Think spices or yeast flavorings when selecting your beer and maybe go in with a couple of friends as well so too much beer isn’t wasted. Also, you can cover more ground that was.

Feel free to tweet at me @Ossurynot (it’s my name backwards) and let me know your results.

baa ad1.fw

Tony Russo has been a print and digital journalist for the better part of the 21st century. He writes for ShoreCraftBeer.com as well as several destination websites and has published two beer books for History Press. He also produces “Beer with Strangers” a weekly homebrew and beer culture podcast. Tony lives in Delmar, Maryland, with his wife and the only of his four daughters who hasn’t moved out. Together they try and keep their dog and cat comfortable.

6 Comments

  1. West Coast Beer Geek

    August 9, 2015 at 2:23 AM

    Personally thought the stuff was awful,tasted like Barq’s root beer and rum. But hey, clearly there’s a market for it. If I was a Smirnoff Ice account manager I’d be worried.

    • Tony Russo

      August 10, 2015 at 1:38 PM

      I didn’t think it was awful, but couldn’t imagine buying another six-pack (my college-aged daughter drank the other five). The fact that there is a market for it is what intrigues/worries me. I wouldn’t consider myself a strict purist, but I do like a world with the pretense of rules. It looks as if I’m going to have to come to terms with the fact that not everyone shares my opinion and combination anarchy is on the rise. For example, following the idea of alt-shandies, I wonder whether other sodas could come to the fore.
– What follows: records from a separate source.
-- ===== src/Requests/Success.antt =====
-- The field "success" of an answer tells how the request ended (src/plugincomm.cpp, `handle` and the
-- `try` around it).
use Prim.Native.String.{String}
use dazeus_core.Base.{
  ℕ, ◌≡◌, refl, ◌∙◌, Bool, true, false, not, ◌||◌, List, [], ◌∷◌, Option, none, some, arith,
  if◌then◌else◌, take,
}
use dazeus_core.Text.{Str, lit, is, str_eq, str_eq_self}
use dazeus_core.Run.{Death}
use dazeus_core.External.{Utils, Networks}
use dazeus_core.Json.{Json, json_true, Fields, Jansson, JanssonLaws}
use dazeus_core.Map
use dazeus_core.Requests.{
  Outcome, returns, throws, crashes, Bot, Request, Result, respond, respond_text, succeed, after,
}
use dazeus_core.Requests.Network.{
  list_networks, list_channels, ask_network, on_found_network, on_network, send_to, on_channel,
}
use dazeus_core.Requests.Handle.{is_network_action}

pub data Told (j : Jansson) : Fields → Type 0 where
  told : {fs : Fields} → j.object_get fs (lit "success") ≡ some json_true → Told j fs

-- a request that returned says so
pub data Reports {D : Type 0} (j : Jansson) : Result D → Type 0 where
  says : {r : Request D} → Told j r.response → Reports j (r, returns tt)
  thrown : {r : Request D} {why : Str} → Reports j (r, throws why)
  crashed : {r : Request D} {why : Death} → Reports j (r, crashes why)

pub Reports-if :
    {D : Type 0} {j : Jansson} {x y : Result D} (b : Bool)
    → (b ≡ true → Reports j x)
    → (b ≡ false → Reports j y)
    → Reports j (if b then x else y)
Reports-if true h k = h refl
Reports-if false h k = k refl

pub Reports-after :
    {D A : Type 0} {j : Jansson} (r : Request D) (m : D × Outcome A) (k : A → Request D → Result D)
    → ((a : A) (s : Request D) → Reports j (k a s))
    → Reports j (after r m k)
Reports-after r (db, returns a) k h = h a _
Reports-after r (db, throws why) k h = thrown
Reports-after r (db, crashes why) k h = crashed

module _ {j : Jansson} (laws : JanssonLaws j) where
  pub object_get-set_new :
      (fs : Fields) (k : Str) (v : Json) → j.object_get (j.set_new fs k (some v)) k ≡ some v
  object_get-set_new fs k v = laws.get-set fs k k v ∙ rw (str_eq_self k)

  pub object_get-set_other :
      (fs : Fields) (i k : Str) (o : Option Json)
      → str_eq i k ≡ false
      → j.object_get (j.set_new fs i o) k ≡ j.object_get fs k
  object_get-set_other fs i k none e = rw (laws.set_null fs i)
  object_get-set_other fs i k (some v) e = laws.get-set fs i k v ∙ rw e

module _ {D : Type 0} {j : Jansson} (laws : JanssonLaws j) where
  pub succeed-Told : (r : Request D) → Told j (succeed j r).response
  unfolding succeed respond
  succeed-Told r = told (object_get-set_new laws r.response (lit "success") json_true)

  pub respond-Told :
      (key : String) (o : Option Json) (r : Request D)
      → str_eq (lit key) (lit "success") ≡ false
      → Told j r.response
      → Told j (respond j key o r).response
  unfolding respond
  respond-Told key o r other (told t) =
      told (object_get-set_other laws r.response (lit key) (lit "success") o other ∙ t)

  pub respond_text-Told :
      (key : String) (text : Str) (r : Request D)
      → str_eq (lit key) (lit "success") ≡ false
      → Told j r.response
      → Told j (respond_text j key text r).response
  unfolding respond_text
  respond_text-Told key text r other t = respond-Told key _ r other t

module _ {D : Type 0} (j : Jansson) (laws : JanssonLaws j) (nets : Networks) (bot : Bot) where
  pub list_networks-Reports : (r : Request D) → Reports j (list_networks j nets bot r)
  unfolding list_networks lit str_eq
  list_networks-Reports r = says (respond-Told laws "networks" _ _ refl (succeed-Told laws _))

  list_channels-Reports : (n : ℕ) (r : Request D) → Reports j (list_channels j nets bot n r)
  unfolding list_channels lit str_eq
  list_channels-Reports n r = says (respond-Told laws "channels" _ _ refl (succeed-Told laws _))

  ask_network-Reports :
      (act : Str) (n : ℕ) (rest : List Str) (r : Request D)
      → Reports j (ask_network j nets bot act n rest r)
  unfolding ask_network
  ask_network-Reports act n [] r = thrown
  ask_network-Reports act n (p ∷ rest) r =
      Reports-if (is act "whois") (λ _. says (succeed-Told laws r))
        λ _.
          Reports-if (is act "join") (λ _. says (succeed-Told laws r))
            λ _.
              Reports-if (is act "part") (λ _. says (succeed-Told laws r))
                λ _. says (succeed-Told laws r)

  on_found_network-Reports :
      (act network : Str) (rest : List Str) (r : Request D) (o : Option ℕ)
      → is_network_action act ≡ true
      → Reports j (on_found_network j nets bot act network rest r o)
  unfolding on_found_network is_network_action lit str_eq
  on_found_network-Reports act network rest r none known = thrown
  on_found_network-Reports act network rest r (some n) known =
      Reports-if (is act "channels") (λ _. list_channels-Reports n _)
        λ e1.
          Reports-if (is act "whois" || is act "join" || is act "part")
            (λ _. ask_network-Reports act n rest _)
            λ e2.
              Reports-if (is act "nick")
                (λ _. says (respond_text-Told laws "nick" _ _ refl (succeed-Told laws _)))
                λ e3. elim (absurd e1 e2 e3) [ ]
    where
      absurd :
          is act "channels" ≡ false
          → (is act "whois" || is act "join" || is act "part") ≡ false
          → is act "nick" ≡ false
          → ⊥
      absurd e1 e2 e3 = ground arith

  pub on_network-Reports :
      (act : Str) (params : List Str) (r : Request D)
      → is_network_action act ≡ true
      → Reports j (on_network j nets bot act params r)
  unfolding on_network
  on_network-Reports act [] r known =
      on_found_network-Reports act [] [] _ (Map.find [] bot.networks) known
  on_network-Reports act (network ∷ rest) r known =
      on_found_network-Reports act network rest _ (Map.find network bot.networks) known

module _ {D : Type 0} (u : Utils) (j : Jansson) (laws : JanssonLaws j) (nets : Networks) where
  send_to-Reports :
      (act network receiver message : Str) (networks : List (Str × ℕ)) (r : Request D)
      → Reports j (send_to u j nets act network receiver message networks r)
  unfolding send_to
  send_to-Reports act network receiver message [] r = thrown
  send_to-Reports act network receiver message ((key, n) ∷ rest) r =
      Reports-if (str_eq (nets.network_name n) network)
        (λ _.
          Reports-if
            (not (is (take 1 receiver) "#")
              || u.contains_ci (nets.joined_channels n) (u.str_to_lower receiver))
            (λ _. says (succeed-Told laws r)) (λ _. thrown))
        (λ _. send_to-Reports act network receiver message rest r)

  pub on_channel-Reports :
      (networks : List (Str × ℕ)) (act : Str) (params : List Str) (r : Request D)
      → Reports j (on_channel u j nets networks act params r)
  unfolding on_channel
  on_channel-Reports networks act [] r = thrown
  on_channel-Reports networks act (network ∷ []) r = thrown
  on_channel-Reports networks act (network ∷ receiver ∷ []) r =
      Reports-if (is act "names") (λ _. send_to-Reports act network receiver [] networks _)
        (λ _. thrown)
  on_channel-Reports networks act (network ∷ receiver ∷ message ∷ more) r =
      Reports-if (is act "names") (λ _. send_to-Reports act network receiver [] networks _)
        (λ _. send_to-Reports act network receiver message networks _)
Off the top of my head, maybe cream soda and pumpkin ale?
      Thanks for commenting.

  2. Red Hunt

    January 16, 2016 at 11:19 PM

    Alcoholic root beer should be viewed as root beer first, beer second. The intentions would be to brew a root beer and “add alcohol to it” to be un-scientific. Try Abita root beer, then try their Bayou Bootlegger alcoholic root beer right after, and it’s easier to understand.
    You can’t brew a beer, then make it taste like a root beer – simply not the right process.
    But ya, unless you like root beer (as I do) probably no alcoholic root beer will change your mind. And if you have a distaste for wintergreen – that medicine-y flavour associated with root beers – then you’ll hate most alcoholic root beers.
    Alcoholic Ginger beers are widespread already as well. That’s a taste I don’t really enjoy though.
    The beauty of proper root beer (without alcohol) is that it really is brewed, in similar fashion to beer. So it’s not an absurd stretch to brew alcoholic variations.

    • Tony Russo

      January 18, 2016 at 4:19 PM

      True. It can be exhausting trying to figure out which is which. I’m working on a new motto: Drink what you like and be happy. I don’t have a philosophical problem with the extract, but when that too-sweetness cuts through it can be tough to take. Thanks for reaching out.

  3. Ross A.

    April 1, 2016 at 10:43 PM

    In the early part of summer 2015, I shared with my 25 year old son, that I discovered a beer to mix with NYFRB, and that was Lefthand Nitro Milk Stout. He likes it more than I do. I found NYFRB to be too sweet for my taste, without adding Vanilla Ice Cream (which is good BTW).
    This particular Milk Stout tones down the sweetness and mellows out the root beer flavor notes without completely covering them up. Why not mix a bottle of each, 50/50 and see what you think. This may require buying 2 single bottles from the bar or package beer store with the caps on. The tricky part is the nitrogen release from the LNMS and which one to pour first. I would recommend pouring the LNMS in a 14-16 oz glass as described on the label, and after the head settles, slowly add the root beer, adding more as you drink.

    • Tony Russo

      April 2, 2016 at 3:10 PM

      That sounds worth a try. Especially as summer comes on. Thanks!